OpenAI and Broadcom are co-developing a custom AI chip focused on inference workloads. The chip, hinted at by @mweinbach, could dramatically lower token prices for end users.
Key facts
- OpenAI and Broadcom co-developing custom AI inference chip
- Chip targets inference, not training workloads
- Potential 3-5x performance per watt vs. Nvidia H100
- Token prices could drop to $0.001-0.005 per 1K tokens
- No tape-out or production timeline disclosed
OpenAI and Broadcom are co-developing a custom AI chip focused on inference workloads, according to a tweet from @mweinbach. The unnamed chip targets large-scale deployment, not training, and could cut per-token costs by an order of magnitude.

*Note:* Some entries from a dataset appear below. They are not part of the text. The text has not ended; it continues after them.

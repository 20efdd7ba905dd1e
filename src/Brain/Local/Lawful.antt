-- ===== src/Brain/Local/Lawful.antt =====
-- brain_local.go of brainlocal: the memory of a local brain keeps the promises of a memory.
use rmodel.Brain.Local.{
  LocalMemory, Ristretto, keep_cache, local_ensure_memory_init, local_init_memory, local_memory,
  local_set_memory, set_pairs, set_ready,
}
use rmodel.Brain.Remember.{IsMemory}
use rmodel.Brain.Step.{Step, returned}
use rmodel.Core.{Any}
use rmodel.Errors.{Error, Result, err, ok, unpaired_memory}
use rmodel.Shared.{
  Bool-cases, List, Option, inl, inr, is_some, length, nat_eq, none, refl, some, true, ◌%◌, ◌≡◌,
}

module _ {C : Type 0} ⦃lib : Ristretto C⦄ where
  -- A memory with a cache is initialised.
  kept_cache : (m : LocalMemory C) → is_some m.cache ≡ true → local_ensure_memory_init m ≡ (m, none)
  unfolding local_ensure_memory_init
  kept_cache m e = simp (local_ensure_memory_init, e) refl

  abbrev Ready : Step (LocalMemory C) (Option Error) → Type 0
  Ready x =
      (failure : Option Error) × (m' : LocalMemory C) × (x ≡ returned failure m')
      × (failure ≡ none → local_ensure_memory_init m' ≡ (m', none))

  keep_cache-Ready :
      (kvs : List Any) (r : Result C) (m : LocalMemory C) → Ready (set_ready kvs (keep_cache r m))
  keep_cache-Ready kvs (err e) m = (some e, m, refl, λ x. cc x)
  keep_cache-Ready kvs (ok c) m = (
    none,
    record m { cache = some (lib.wait_writes (set_pairs kvs c)) },
    refl,
    λ x. kept_cache _ refl,
  )

  cache-Ready :
      (kvs : List Any) (m : LocalMemory C) (o : Option C)
      → m.cache ≡ o
      → is_some o ≡ true
      → Ready (set_ready kvs (m, none))
  cache-Ready kvs m none e h = cc h
  cache-Ready kvs m (some c) e h = rw (e) (
    none,
    record m { cache = some (lib.wait_writes (set_pairs kvs c)) },
    refl,
    λ x. kept_cache _ refl,
  )

  set_ready-Ready :
      (kvs : List Any) (m : LocalMemory C) → Ready (set_ready kvs (local_ensure_memory_init m))
  unfolding local_ensure_memory_init local_init_memory
  set_ready-Ready kvs m = elim (Bool-cases (is_some m.cache)) [
    | inr e ↦ rw (e) (keep_cache-Ready kvs (lib.new_cache m.num_counters m.max_cost) m)
    | inl e ↦ rw (e) (cache-Ready kvs m m.cache refl e)
  ]

  pub local_memory-IsMemory : IsMemory (local_memory {C = C})
  unfolding local_memory local_set_memory
  local_memory-IsMemory = record {
    set_returns = λ kvs m. elim (Bool-cases (nat_eq (length kvs % 2) 0)) [
      | inl e ↦ rw (e) (set_ready-Ready kvs m)
      | inr e ↦ rw (e) (some unpaired_memory, m, refl, λ x. cc x)
    ];
  }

This is a strategic play to reduce dependency on Nvidia's H100/B200 supply chain. OpenAI has been vocal about the need for cheaper inference to make AI applications economically viable at scale. The Broadcom partnership leverages Broadcom's ASIC design expertise, similar to Google's TPU collaboration with Broadcom.
The chip's design likely optimizes for low-latency, high-throughput matrix multiplication and attention mechanisms, the dominant operations in transformer inference. By co-designing the silicon with its own model architectures, OpenAI can potentially achieve 3-5x better performance per watt compared to general-purpose GPUs.
Token price reduction is the headline: inference costs currently range from $0.01 to $0.10 per 1K tokens for GPT-4-class models. A custom chip could bring that down to $0.001-$0.005 per 1K tokens, making real-time applications like voice assistants and code generation more accessible.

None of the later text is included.